== Information given ==

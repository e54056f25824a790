-- ===== src/Incidents/Lifecycle.antt =====
-- The life of an incident over any sequence of the services' writes
-- (src/modules/incidents/incidents.service.ts, incident-pool.service.ts): what a sound table is, when
-- one state of an incident is later than another, and the writes as a step relation.
pub mod Erased
pub mod Writes
pub mod Safety
pub mod Races
use ecotrack_api.Common.{
  All, Evolves, Option, String, UniqueBy, arith, false, none, some, ℕ, ◌<◌, ◌≡◌, ◌≢◌, ◌≤◌,
}
use ecotrack_api.Db.{Db, IncidentRow, VerificationStatus, ok}
use ecotrack_api.Events.{linked}
use ecotrack_api.Incidents.{CreateIncident, create_incident, incident_by_id}
use ecotrack_api.Incidents.Actions.{
  advance_stage, duplicate_write, is_verified, move_stage, reject_write,
}
use ecotrack_api.Incidents.Pool.{claim_write}
use ecotrack_api.Users.Deletion.{delete_account}

-- `organisation_id IS NULL` means pooled, and the claim sets its columns together.
pub record IsSound (i : IncidentRow) : Type 0 where
  pub pooled :
      i.organisation_id ≡ none
      → (i.verification_status ≡ none)
        × (i.current_stage_id ≡ none)
        × (i.claimed_by_user_id ≡ none)
        × (i.claimed_at ≡ none)
  pub claimed : i.organisation_id ≢ none → (i.verification_status ≢ none) × (i.claimed_at ≢ none)
  pub reasoned :
      i.verification_status ≡ some VerificationStatus.rejected → i.rejection_reason ≢ none
  pub linked : i.verification_status ≡ some VerificationStatus.duplicate → i.duplicate_of_id ≢ none

-- What a later state of an incident owes to an earlier one.
pub record Later (i j : IncidentRow) : Type 0 where
  pub same_id : j.id ≡ i.id
  pub reporter : j.reported_by_user_id ≢ none → j.reported_by_user_id ≡ i.reported_by_user_id
  pub kept_owner : i.organisation_id ≢ none → j.organisation_id ≡ i.organisation_id
  pub kept_claim : i.organisation_id ≢ none → j.claimed_at ≡ i.claimed_at
  pub terminal :
      i.verification_status ≢ none
      → is_verified i.verification_status ≡ false
      → (j.verification_status ≢ none) × (is_verified j.verification_status ≡ false)
  pub version_grows : i.version ≤ j.version

pub Later-refl : (i : IncidentRow) → Later i i
Later-refl i = ground arith

pub Later-trans : (i j k : IncidentRow) → Later i j → Later j k → Later i k
Later-trans i j k p q = ground arith

-- The incidents table is sound: identifiers are unique and already handed out.
pub record IncidentsOk (db : Db) : Type 0 where
  pub unique : UniqueBy (λ (i : IncidentRow). i.id) db.incidents
  pub fresh : All (λ (i : IncidentRow). i.id < db.next_id) db.incidents
  pub sound : All IsSound db.incidents

-- One successful write to the incidents table, by any service: its UPDATE alone, with whatever an
-- earlier check has read, so that requests may interleave between the two. A claim may come with any
-- stage. The other writes are of callers that have seen the incident claimed, as it then stays
-- (Safety.found_afterwards). `erased` is the deletion of an account, which clears its references.
pub data Step (db db' : Db) : Type 0 where
  reported :
      (user_id : ℕ) (d : CreateIncident) (r : IncidentRow)
      → create_incident user_id d db ≡ ok (r, db')
      → Step db db'
  claimed :
      (incident_id organisation_id user_id : ℕ) (stage : Option ℕ) (r : IncidentRow)
      → claim_write incident_id organisation_id user_id stage db ≡ ok (r, db')
      → Step db db'
  rejected :
      (organisation_id incident_id user_id : ℕ) (reason : String) (seen i : IncidentRow)
      (dismissed : Option ℕ) (r : IncidentRow)
      → incident_by_id incident_id db ≡ some i
      → i.organisation_id ≢ none
      → reject_write organisation_id incident_id user_id reason seen dismissed db ≡ ok (r, db')
      → Step db db'
  duplicated :
      (organisation_id incident_id user_id duplicate_of_id : ℕ) (i r : IncidentRow)
      → incident_by_id incident_id db ≡ some i
      → i.organisation_id ≢ none
      → duplicate_write organisation_id incident_id user_id duplicate_of_id db ≡ ok (r, db')
      → Step db db'
  moved :
      (organisation_id target : ℕ) (expected : Option ℕ) (user_id : ℕ) (seen i r : IncidentRow)
      → incident_by_id seen.id db ≡ some i
      → i.organisation_id ≢ none
      → move_stage organisation_id seen target expected user_id db ≡ ok (r, db')
      → Step db db'
  advanced :
      (organisation_id incident_id target user_id : ℕ) (trigger : String) (i : IncidentRow)
      → incident_by_id incident_id db ≡ some i
      → i.organisation_id ≢ none
      → advance_stage organisation_id incident_id target user_id trigger db ≡ ok (tt, db')
      → Step db db'
  erased : (user_id : ℕ) → delete_account user_id db ≡ ok (tt, db') → Step db db'
  elsewhere : db'.incidents ≡ db.incidents → db.next_id ≤ db'.next_id → Step db db'

-- The table stays sound, and every incident is later than it was.
pub record Kept (db db' : Db) : Type 0 where
  pub table : IncidentsOk db'
  pub later : Evolves Later db.incidents db'.incidents

pub data Reach (db : Db) : Db → Type 0 where
  here : Reach db db
  next : {db₁ db₂ : Db} → Reach db db₁ → Step db₁ db₂ → Reach db db₂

===

Work item – Start at the line with "here : Reach db db" and stop at the end of the records. Write those lines out exactly and add nothing.

Result of the exercise –
  here : Reach db db
  next : {db₁ db₂ : Db} → Reach db db₁ → Step db₁ db₂ → Reach db db₂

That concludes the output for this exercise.